[Stored dataset items]
■ ■ ■ ■ ■

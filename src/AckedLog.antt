-- ===== src/AckedLog.antt =====
-- src/server/acked_log.rs: the replication log `InMemoryLog` and its operations.
pub mod Bounds
pub mod Entries
pub mod Quorum
pub mod Commit
pub mod View
use rasputin.Prelude.{
  ℕ, String, ◌+◌, Bool, true, false, Option, none, some, List, [], ◌∷◌, ◌++◌, Outcome, ok, panic,
  assert, ◌>>=◌, ◌>>◌, ltb, leb, if◌then◌else◌, length, or, contains, nat_key, string_key,
}
use rasputin.BTreeMap.{BTreeMap, insert}
use rasputin.BTreeMap
use mathlib.Core.Option

abbrev pub PeerId : Type 0
PeerId = String

pub record LogEntry {ℓ} (T : Type ℓ) : Type ℓ where
  pub txid : ℕ
  pub term : ℕ
  pub last_txid : ℕ
  pub last_term : ℕ
  pub entry : T

pub record Acked {ℓ} (T : Type ℓ) : Type ℓ where
  pub acks : List PeerId
  pub inner : T

pub record InMemoryLog {ℓ} (T : Type ℓ) : Type ℓ where
  pub pending : BTreeMap ℕ (Acked (LogEntry T))
  pub committed : BTreeMap ℕ (LogEntry T)
  pub quorum : ℕ
  pub last_learned_txid : ℕ
  pub last_learned_term : ℕ
  pub last_accepted_txid : ℕ
  pub last_accepted_term : ℕ

module _ {ℓ} {T : Type ℓ} where
  -- The statements of `append` after its assertion.
  unfoldable pub push_pending : InMemoryLog T → ℕ → ℕ → T → InMemoryLog T
  push_pending log term txid entry =
      let inner : LogEntry T = record {
        txid = txid;
        term = term;
        last_txid = log.last_accepted_txid;
        last_term = log.last_accepted_term;
        entry = entry;
      } in
      record log {
        pending = insert txid (record { acks = []; inner = inner }) log.pending;
        last_accepted_txid = txid;
        last_accepted_term = term;
      }

  unfoldable pub append : InMemoryLog T → ℕ → ℕ → T → Outcome (InMemoryLog T)
  append log term txid entry = do
    assert (ltb log.last_accepted_txid txid)
    ok (push_pending log term txid entry)

  unfoldable pub get : InMemoryLog T → ℕ → Option T
  get log txid =
      or (Option.map (λ al. al.inner.entry) (BTreeMap.get txid log.pending))
        (Option.map (λ l. l.entry) (BTreeMap.get txid log.committed))

  unfoldable pub push_ack : PeerId → Acked (LogEntry T) → Acked (LogEntry T)
  push_ack peer ent =
      if contains ent.acks peer then ent else record ent { acks = ent.acks ++ peer ∷ [] }

  -- The `for` loop of `ack_up_to`. Its `txid` is the key that it iterates over, which shadows the
  -- argument, and the `break` ends it at the first entry whose `inner.txid` is at most its key.
  unfoldable pub append_ack :
      PeerId → BTreeMap ℕ (Acked (LogEntry T)) → BTreeMap ℕ (Acked (LogEntry T))
  unfolding push_ack
  append_ack peer [] = []
  append_ack peer ((txid, ent) ∷ rest) =
      if leb ent.inner.txid txid
      then (txid, push_ack peer ent) ∷ rest
      else (txid, ent) ∷ append_ack peer rest

  -- What both loops do with an entry that they take off `pending`: the new log, the entry
  -- committed under `key`.
  unfoldable pub learn_entry : InMemoryLog T → ℕ → LogEntry T → InMemoryLog T
  learn_entry log key inner = record log {
    last_learned_term = inner.term;
    last_learned_txid = inner.txid;
    committed = insert key inner log.committed;
  }

  -- The `loop` of `ack_up_to`, over the entries of `pending` from the first key on.
  unfoldable pub take_quorum :
      BTreeMap ℕ (Acked (LogEntry T)) → InMemoryLog T → InMemoryLog T × List (ℕ × ℕ)
  unfolding learn_entry
  take_quorum [] log = (record log { pending = [] }, [])
  take_quorum ((txid, ent) ∷ rest) log =
      let (log', reached) = take_quorum rest (learn_entry log txid ent.inner) in
      if ltb (length ent.acks) log.quorum
      then (record log { pending = (txid, ent) ∷ rest }, [])
      else (log', (ent.inner.term, ent.inner.txid) ∷ reached)

  -- The argument `txid` is read nowhere, as in the source.
  unfoldable pub ack_up_to : InMemoryLog T → ℕ → PeerId → InMemoryLog T × List (ℕ × ℕ)
  unfolding append_ack take_quorum
  ack_up_to log txid peer = take_quorum (append_ack peer log.pending) log

  -- The `loop` of `commit_up_to`: each entry is committed under the key `txid`, the argument.
  unfoldable pub take_up_to :
      ℕ → BTreeMap ℕ (Acked (LogEntry T)) → InMemoryLog T → InMemoryLog T × List (ℕ × ℕ)
  unfolding learn_entry
  take_up_to txid [] log = (record log { pending = [] }, [])
  take_up_to txid ((next_txid, ent) ∷ rest) log =
      let (log', reached) = take_up_to txid rest (learn_entry log txid ent.inner) in
      if ltb txid next_txid
      then (record log { pending = (next_txid, ent) ∷ rest }, [])
      else (log', (ent.inner.term, ent.inner.txid) ∷ reached)

  unfoldable pub commit_up_to : InMemoryLog T → ℕ → InMemoryLog T × List (ℕ × ℕ)
  unfolding take_up_to
  commit_up_to log txid = take_up_to txid log.pending log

■ ■ ■ ■ ■

▶ _Task statement_
The answer must be the data above, repeated exactly as it stands.

▶ _Exercise result_
filename src/AckedLog.antt
-- ===== src/AckedLog.antt =====
-- src/server/acked_log.rs: the replication log `InMemoryLog` and its operations.
pub mod Bounds
pub mod Entries
pub mod Quorum
pub mod Commit
pub mod View
use rasputin.Prelude.{
  ℕ, String, ◌+◌, Bool, true, false, Option, none, some, List, [], ◌∷◌, ◌++◌, Outcome, ok, panic,
  assert, ◌>>=◌, ◌>>◌, ltb, leb, if◌then◌else◌, length, or, contains, nat_key, string_key,
}
use rasputin.BTreeMap.{BTreeMap, insert}
use rasputin.BTreeMap
use mathlib.Core.Option

abbrev pub PeerId : Type 0
PeerId = String

pub record LogEntry {ℓ} (T : Type ℓ) : Type ℓ where
  pub txid : ℕ
  pub term : ℕ
  pub last_txid : ℕ
  pub last_term : ℕ
  pub entry : T

pub record Acked {ℓ} (T : Type ℓ) : Type ℓ where
  pub acks : List PeerId
  pub inner : T

pub record InMemoryLog {ℓ} (T : Type ℓ) : Type ℓ where
  pub pending : BTreeMap ℕ (Acked (LogEntry T))
  pub committed : BTreeMap ℕ (LogEntry T)
  pub quorum : ℕ
  pub last_learned_txid : ℕ
  pub last_learned_term : ℕ
  pub last_accepted_txid : ℕ
  pub last_accepted_term : ℕ

module _ {ℓ} {T : Type ℓ} where
  -- The statements of `append` after its assertion.
  unfoldable pub push_pending : InMemoryLog T → ℕ → ℕ → T → InMemoryLog T
  push_pending log term txid entry =
      let inner : LogEntry T = record {
        txid = txid;
        term = term;
        last_txid = log.last_accepted_txid;
        last_term = log.last_accepted_term;
        entry = entry;
      } in
      record log {
        pending = insert txid (record { acks = []; inner = inner }) log.pending;
        last_accepted_txid = txid;
        last_accepted_term = term;
      }

  unfoldable pub append : InMemoryLog T → ℕ → ℕ → T → Outcome (InMemoryLog T)
  append log term txid entry = do
    assert (ltb log.last_accepted_txid txid)
    ok (push_pending log term txid entry)

  unfoldable pub get : InMemoryLog T → ℕ → Option T
  get log txid =
      or (Option.map (λ al. al.inner.entry) (BTreeMap.get txid log.pending))
        (Option.map (λ l. l.entry) (BTreeMap.get txid log.committed))

  unfoldable pub push_ack : PeerId → Acked (LogEntry T) → Acked (LogEntry T)
  push_ack peer ent =
      if contains ent.acks peer then ent else record ent { acks = ent.acks ++ peer ∷ [] }

  -- The `for` loop of `ack_up_to`. Its `txid` is the key that it iterates over, which shadows the
  -- argument, and the `break` ends it at the first entry whose `inner.txid` is at most its key.
  unfoldable pub append_ack :
      PeerId → BTreeMap ℕ (Acked (LogEntry T)) → BTreeMap ℕ (Acked (LogEntry T))
  unfolding push_ack
  append_ack peer [] = []
  append_ack peer ((txid, ent) ∷ rest) =
      if leb ent.inner.txid txid
      then (txid, push_ack peer ent) ∷ rest
      else (txid, ent) ∷ append_ack peer rest

  -- What both loops do with an entry that they take off `pending`: the new log, the entry
  -- committed under `key`.
  unfoldable pub learn_entry : InMemoryLog T → ℕ → LogEntry T → InMemoryLog T
  learn_entry log key inner = record log {
    last_learned_term = inner.term;
    last_learned_txid = inner.txid;
    committed = insert key inner log.committed;
  }

  -- The `loop` of `ack_up_to`, over the entries of `pending` from the first key on.
  unfoldable pub take_quorum :
      BTreeMap ℕ (Acked (LogEntry T)) → InMemoryLog T → InMemoryLog T × List (ℕ × ℕ)
  unfolding learn_entry
  take_quorum [] log = (record log { pending = [] }, [])
  take_quorum ((txid, ent) ∷ rest) log =
      let (log', reached) = take_quorum rest (learn_entry log txid ent.inner) in
      if ltb (length ent.acks) log.quorum
      then (record log { pending = (txid, ent) ∷ rest }, [])
      else (log', (ent.inner.term, ent.inner.txid) ∷ reached)

  -- The argument `txid` is read nowhere, as in the source.
  unfoldable pub ack_up_to : InMemoryLog T → ℕ → PeerId → InMemoryLog T × List (ℕ × ℕ)
  unfolding append_ack take_quorum
  ack_up_to log txid peer = take_quorum (append_ack peer log.pending) log

  -- The `loop` of `commit_up_to`: each entry is committed under the key `txid`, the argument.
  unfoldable pub take_up_to :
      ℕ → BTreeMap ℕ (Acked (LogEntry T)) → InMemoryLog T → InMemoryLog T × List (ℕ × ℕ)
  unfolding learn_entry
  take_up_to txid [] log = (record log { pending = [] }, [])
  take_up_to txid ((next_txid, ent) ∷ rest) log =
      let (log', reached) = take_up_to txid rest (learn_entry log txid ent.inner) in
      if ltb txid next_txid
      then (record log { pending = (next_txid, ent) ∷ rest }, [])
      else (log', (ent.inner.term, ent.inner.txid) ∷ reached)

  unfoldable pub commit_up_to : InMemoryLog T → ℕ → InMemoryLog T × List (ℕ × ℕ)
  unfolding take_up_to
  commit_up_to log txid = take_up_to txid log.pending log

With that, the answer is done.